Start of Extracted data

-- ===== src/Lakehouse/Export/Views.antt =====
-- What the views and the uploads see of the exported files, in lakehouse/export.py.
use text.Mathlib.TextEquality.{eq_iff}
use crypto_streaming_lakehou.Base.{
  ℕ, String, true, List, [], ◌∷◌, ◌++◌, Option, none, some, Try, ok, All, ◌≡◌, ◌≢◌, refl, sym, ap,
  ◌∙◌, subst, ◌⊎◌, inl, inr, Bool-cases, text_eq,
}
use crypto_streaming_lakehou.Lakehouse.Storage.{
  File, Frames, is_under, under, rows_of, read_parquet,
}
use crypto_streaming_lakehou.Lakehouse.Storage.Counting.{
  Apart, prefix-Apart, names-Apart, under-append,
}
use crypto_streaming_lakehou.Lakehouse.Uploads.{Upload, S3, path_text}
use crypto_streaming_lakehou.Lakehouse.Catalog.{
  View, World, is_placeholder, replace_view, has_placeholder, write_placeholder, with_placeholder,
  with_view, init_catalog,
}
use crypto_streaming_lakehou.Lakehouse.Catalog.Keeps.{then_do-keeps, init_catalog-keeps}
use crypto_streaming_lakehou.Lakehouse.Export.{
  gold_tables, parquet_base, Run, upload_files, export_table, export_tables, Environment, summary,
  init_schema, with_url, export_and_refresh, run_export,
}
use crypto_streaming_lakehou.Lakehouse.Export.Outcomes.{try_export-Ends, try_export-elsewhere}

-- The directory of a Gold table as init_catalog and _upload_new_files name it.
abbrev pub seen_path : String → List String
seen_path table = parquet_base ++ table ∷ []

abbrev pub IsGold : String → Type 0
IsGold table = (table ≡ "gold_vwap_1min") ⊎ (table ≡ "gold_trade_stats_1min")

abbrev pub IsGoldView : View → Type 0
IsGoldView v = (table : String) × IsGold table × (v.directory ≡ seen_path table)

not_gold : (table : String) → IsGold table → table ≢ "gold"
not_gold table (inl e) h = absurd (false_true ((eq_iff "gold_vwap_1min" "gold").1 (sym e ∙ h)))
  where
    false_true : text_eq "gold_vwap_1min" "gold" ≡ true → ⊥
    false_true x = cc
not_gold table (inr e) h =
    absurd (false_true ((eq_iff "gold_trade_stats_1min" "gold").1 (sym e ∙ h)))
  where
    false_true : text_eq "gold_trade_stats_1min" "gold" ≡ true → ⊥
    false_true x = cc

seen-Apart :
    (table other : String)
    → IsGold table
    → Apart (seen_path table) (parquet_base ++ "gold" ∷ other ∷ [])
seen-Apart table other g =
    prefix-Apart "data" (table ∷ []) ("gold" ∷ other ∷ [])
      (names-Apart table "gold" [] (other ∷ []) (not_gold table g))

replace_view-All :
    (v : View) (views : List View)
    → IsGoldView v
    → All IsGoldView views
    → All IsGoldView (replace_view v views)
unfolding replace_view
replace_view-All v [] h hs = (h, tt)
replace_view-All v (x ∷ views) h (hx, hs) = elim (Bool-cases (text_eq v.name x.name)) [
  | inl e ↦ rw e (h, hs)
  | inr e ↦ rw e (hx, replace_view-All v views h hs)
]

module _ {Row : Type 0} where
  -- A placeholder without rows.
  abbrev pub IsBlank : File Row → Type 0
  IsBlank f = (is_placeholder f.name ≡ true) × (f.rows ≡ [])

  upload_files-blank :
      (s3 : S3) (b : String) (files : List (File Row)) (uploads : List Upload)
      → All IsBlank files
      → upload_files s3 b files uploads ≡ (ok tt, uploads)
  unfolding upload_files
  upload_files-blank s3 b [] uploads h = refl
  upload_files-blank s3 b (f ∷ files) uploads ((e, none_there), h) =
      rw e (upload_files-blank s3 b files uploads h)

  rows_of-blank : (files : List (File Row)) → All IsBlank files → rows_of files ≡ []
  unfolding rows_of
  rows_of-blank [] h = refl
  rows_of-blank (f ∷ files) ((e, none_there), h) = rw (none_there, rows_of-blank files h) refl

  All-append : (xs ys : List (File Row)) → All IsBlank xs → All IsBlank ys → All IsBlank (xs ++ ys)
  All-append [] ys hx hy = hy
  All-append (x ∷ xs) ys (h, hx) hy = (h, All-append xs ys hx hy)

  blank_under : (at : List String) (f : File Row) → IsBlank f → All IsBlank (under at (f ∷ []))
  unfolding under
  blank_under at f h = elim (Bool-cases (is_under at f.directory)) [
    | inl e ↦ rw e (h, tt)
    | inr e ↦ rw e tt
  ]

  under-write_placeholder :
      (at dir : List String) (files : List (File Row))
      → All IsBlank (under at files)
      → All IsBlank (under at (write_placeholder dir files))
  unfolding write_placeholder
  under-write_placeholder at dir files h = elim (Bool-cases (has_placeholder dir files)) [
    | inl e ↦ rw e h
    | inr e ↦ rw (e, under-append) (All-append (under at files) _ h (blank_under at _ (refl, refl)))
  ]

  -- Where the catalog and the uploads look there are only empty placeholders, and the uploads are
  -- `uploads`.
  pub record IsBlind (uploads : List Upload) (w : World Row) : Type 0 where
    pub files :
        (table : String) → IsGold table → All IsBlank (under (seen_path table) w.storage.files)
    pub views : All IsGoldView w.views
    pub uploaded : w.uploads ≡ uploads

  replace_storage :
      (uploads : List Upload) (dir : List String) (w : World Row)
      → IsBlind uploads w
      → IsBlind uploads (with_placeholder dir w)
  replace_storage uploads dir w b = record {
    files =
        λ table g. under-write_placeholder (seen_path table) dir w.storage.files (b.files table g);
    views = b.views;
    uploaded = b.uploaded;
  }

  replace_views :
      (uploads : List Upload) (name table : String) (w : World Row)
      → IsGold table
      → IsBlind uploads w
      → IsBlind uploads (with_view name (seen_path table) w)
  replace_views uploads name table w g b = record {
    files = b.files;
    views = replace_view-All _ w.views (table, g, refl) b.views;
    uploaded = b.uploaded;
  }

  init_catalog-IsBlind :
      (uploads : List Upload) (perform : ℕ → Try (Unit {0})) (w : World Row)
      → IsBlind uploads w
      → IsBlind uploads (init_catalog perform parquet_base w).1
  init_catalog-IsBlind uploads perform w =
      init_catalog-keeps (IsBlind uploads) perform parquet_base w
        (replace_storage uploads (seen_path "gold_vwap_1min"))
        (replace_storage uploads (seen_path "gold_trade_stats_1min"))
        (λ v. replace_views uploads "vw_vwap_1min" "gold_vwap_1min" v (inl refl))
        (λ v. replace_views uploads "vw_trade_stats_1min" "gold_trade_stats_1min" v (inr refl))

module _ {Row : Type 0} (frames : Frames Row) where
  export_table-IsBlind :
      (uploads : List Upload) (table : String) (r : Run Row) (w : World Row)
      → IsGold table
      → IsBlind uploads w
      → IsBlind uploads (export_table frames parquet_base table r w).1
  unfolding export_table
  export_table-IsBlind uploads table r w g b =
      let files = λ (t : String) (h : IsGold t).
        subst (All IsBlank)
          (sym (
            try_export-elsewhere frames parquet_base table r w (seen_path t)
              (seen-Apart t table h)))
          (b.files t h) in
      elim (try_export-Ends frames parquet_base table r w) [
        | inl (rows, state, s) ↦ record {
          files = files;
          views = subst (All IsGoldView) (sym s.views) b.views;
          uploaded =
              ap (λ x. x.1)
                (s.uploads
                  ∙ upload_files-blank r.s3 (path_text parquet_base) _ w.uploads (files table g))
              ∙ b.uploaded;
        }
        | inr u ↦ record {
          files = files;
          views = subst (All IsGoldView) (sym u.views) b.views;
          uploaded = u.uploads ∙ b.uploaded;
        }
      ]

  export_tables-IsBlind :
      (uploads : List Upload) (tables : List String) (runs : String → Run Row) (w : World Row)
      → All IsGold tables
      → IsBlind uploads w
      → IsBlind uploads (export_tables frames parquet_base tables runs w).1
  unfolding export_tables
  export_tables-IsBlind uploads [] runs w g b = b
  export_tables-IsBlind uploads (table ∷ tables) runs w (g, gs) b =
      export_tables-IsBlind uploads tables runs _ gs
        (export_table-IsBlind uploads table (runs table) w g b)

  with_url-IsBlind :
      (uploads : List Upload) (url : Option String) (env : Environment Row) (w : World Row)
      → IsBlind uploads w
      → IsBlind uploads (with_url frames url env w).1
  with_url-IsBlind uploads none env w b = b
  with_url-IsBlind uploads (some url) env w b =
      then_do-keeps (IsBlind uploads) (env.connect, w) (export_and_refresh frames env) b
        (λ v h.
          let e = export_tables frames parquet_base gold_tables env.runs (init_schema frames v) in
          let exported =
            export_tables-IsBlind uploads gold_tables env.runs (init_schema frames v)
              (inl refl, (inr refl, tt))
              record { files = h.files; views = h.views; uploaded = h.uploaded } in
          then_do-keeps (IsBlind uploads) (init_catalog env.catalog parquet_base e.1)
            (λ x. (summary e.0, x)) (init_catalog-IsBlind uploads env.catalog e.1 exported)
            (λ x k. k))

  shows_nothing :
      (uploads : List Upload) (w : World Row)
      → IsBlind uploads w
      → (views : List View) → All IsGoldView views
      → All (λ v. read_parquet v.directory w.storage.files ≡ []) views
  unfolding read_parquet
  shows_nothing uploads w b [] h = tt
  shows_nothing uploads w b (v ∷ views) ((table, g, e), h) = (
    ap (λ d. rows_of (under d w.storage.files)) e
        ∙ rows_of-blank (under (seen_path table) w.storage.files) (b.files table g),
    shows_nothing uploads w b views h,
  )

  -- Whatever a run exports, the views of the catalog show none of it and nothing is uploaded, since
  -- both look in data/<table> and the files are in data/gold/<table>: if only empty placeholders
  -- are in the directories that they look in, this stays so, each view shows no row, and the
  -- uploads do not change.
  pub run_export-shows_nothing :
      (env : Environment Row) (w : World Row)
      → IsBlind w.uploads w
      → let w' = (run_export frames env w).1 in
        IsBlind w.uploads w' × All (λ v. read_parquet v.directory w'.storage.files ≡ []) w'.views
  unfolding run_export
  run_export-shows_nothing env w b =
      let b' = with_url-IsBlind w.uploads env.database_url env w b in
      (b', shows_nothing w.uploads _ b' _ b'.views)
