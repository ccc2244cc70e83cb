-- ===== src/Lakehouse/Exporter/Numerals.antt =====
-- The numerals that strftime writes in lakehouse/exporter.py.
use Prim.Native.Char.{Char, code}
use Prim.Native.String.{◌++◌ as ◌<>◌}
use Prim.Native.String.append.{nil, cons}
use text.Mathlib.TextLemmas.{append_assoc, append-nil}
use crypto_streaming_lakehou.Base.{
  ℕ, zero, suc, ◌/◌, ◌%◌, ◌<◌, ◌+◌, String, List, [], ◌∷◌, ◌≡◌, refl, sym, ap, ◌∙◌, subst, length,
  arith,
}
use crypto_streaming_lakehou.Base.Digits.{value, IsDigits, IsNumeral}
use crypto_streaming_lakehou.Lakehouse.Exporter.{digit, two_digits, four_digits}

char-IsDigits :
    (c : Char) (d : ℕ) (s : String) (ds : List ℕ)
    → code c ≡ b'0' + d
    → d < 10
    → IsDigits ds s
    → IsDigits (d ∷ ds) (String.◌∷◌ c "" <> s)
char-IsDigits c d s ds e h k = rw (cons, nil) (ground (arith))

digit-IsDigits :
    (d : ℕ) (s : String) (ds : List ℕ) → d < 10 → IsDigits ds s → IsDigits (d ∷ ds) (digit d <> s)
digit-IsDigits zero s ds h k = char-IsDigits "0" 0 s ds refl h k
digit-IsDigits (suc zero) s ds h k = char-IsDigits "1" 1 s ds refl h k
digit-IsDigits (suc (suc zero)) s ds h k = char-IsDigits "2" 2 s ds refl h k
digit-IsDigits (suc (suc (suc zero))) s ds h k = char-IsDigits "3" 3 s ds refl h k
digit-IsDigits (suc (suc (suc (suc zero)))) s ds h k = char-IsDigits "4" 4 s ds refl h k
digit-IsDigits (suc (suc (suc (suc (suc zero))))) s ds h k = char-IsDigits "5" 5 s ds refl h k
digit-IsDigits (suc (suc (suc (suc (suc (suc zero)))))) s ds h k = char-IsDigits "6" 6 s ds refl h k
digit-IsDigits (suc (suc (suc (suc (suc (suc (suc zero))))))) s ds h k =
    char-IsDigits "7" 7 s ds refl h k
digit-IsDigits (suc (suc (suc (suc (suc (suc (suc (suc zero)))))))) s ds h k =
    char-IsDigits "8" 8 s ds refl h k
digit-IsDigits (suc (suc (suc (suc (suc (suc (suc (suc (suc zero))))))))) s ds h k =
    char-IsDigits "9" 9 s ds refl h k
digit-IsDigits (suc (suc (suc (suc (suc (suc (suc (suc (suc (suc n)))))))))) s ds h k =
    absurd (omega arith)

two_digits-IsDigits :
    (n : ℕ) (s : String) (ds : List ℕ)
    → IsDigits ds s
    → IsDigits ((n / 10 % 10) ∷ (n % 10) ∷ ds) (two_digits n <> s)
unfolding two_digits
two_digits-IsDigits n s ds k =
    subst (IsDigits ((n / 10 % 10) ∷ (n % 10) ∷ ds))
      (sym (append_assoc (digit (n / 10 % 10)) (digit (n % 10)) s))
      (digit-IsDigits (n / 10 % 10) (digit (n % 10) <> s) ((n % 10) ∷ ds) (omega arith)
        (digit-IsDigits (n % 10) s ds (omega arith) k))

two_digits_alone : (n : ℕ) → IsDigits ((n / 10 % 10) ∷ (n % 10) ∷ []) (two_digits n)
two_digits_alone n =
    subst (IsDigits ((n / 10 % 10) ∷ (n % 10) ∷ [])) (append-nil (two_digits n))
      (two_digits-IsDigits n "" [] (refl, refl))

pub two_digits-IsNumeral : (n : ℕ) → n < 100 → IsNumeral 2 n (two_digits n)
two_digits-IsNumeral n h =
    let (e, f) = two_digits_alone n in (ap length e, f, ap value e ∙ omega arith)

pub four_digits-IsNumeral : (n : ℕ) → n < 10000 → IsNumeral 4 n (four_digits n)
unfolding four_digits
four_digits-IsNumeral n h =
    let m = n / 100 in
    let ds = (m / 10 % 10) ∷ (m % 10) ∷ (n / 10 % 10) ∷ (n % 10) ∷ [] in
    let (e, f) : IsDigits ds (two_digits m <> two_digits n) =
      two_digits-IsDigits m (two_digits n) ((n / 10 % 10) ∷ (n % 10) ∷ []) (two_digits_alone n) in
    (ap length e, f, ap value e ∙ omega arith)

End of Extracted data

> **Requirement**
What is the number of lines in the data that hold the string "Type"? Answer with the number only.

> **Written solution**
6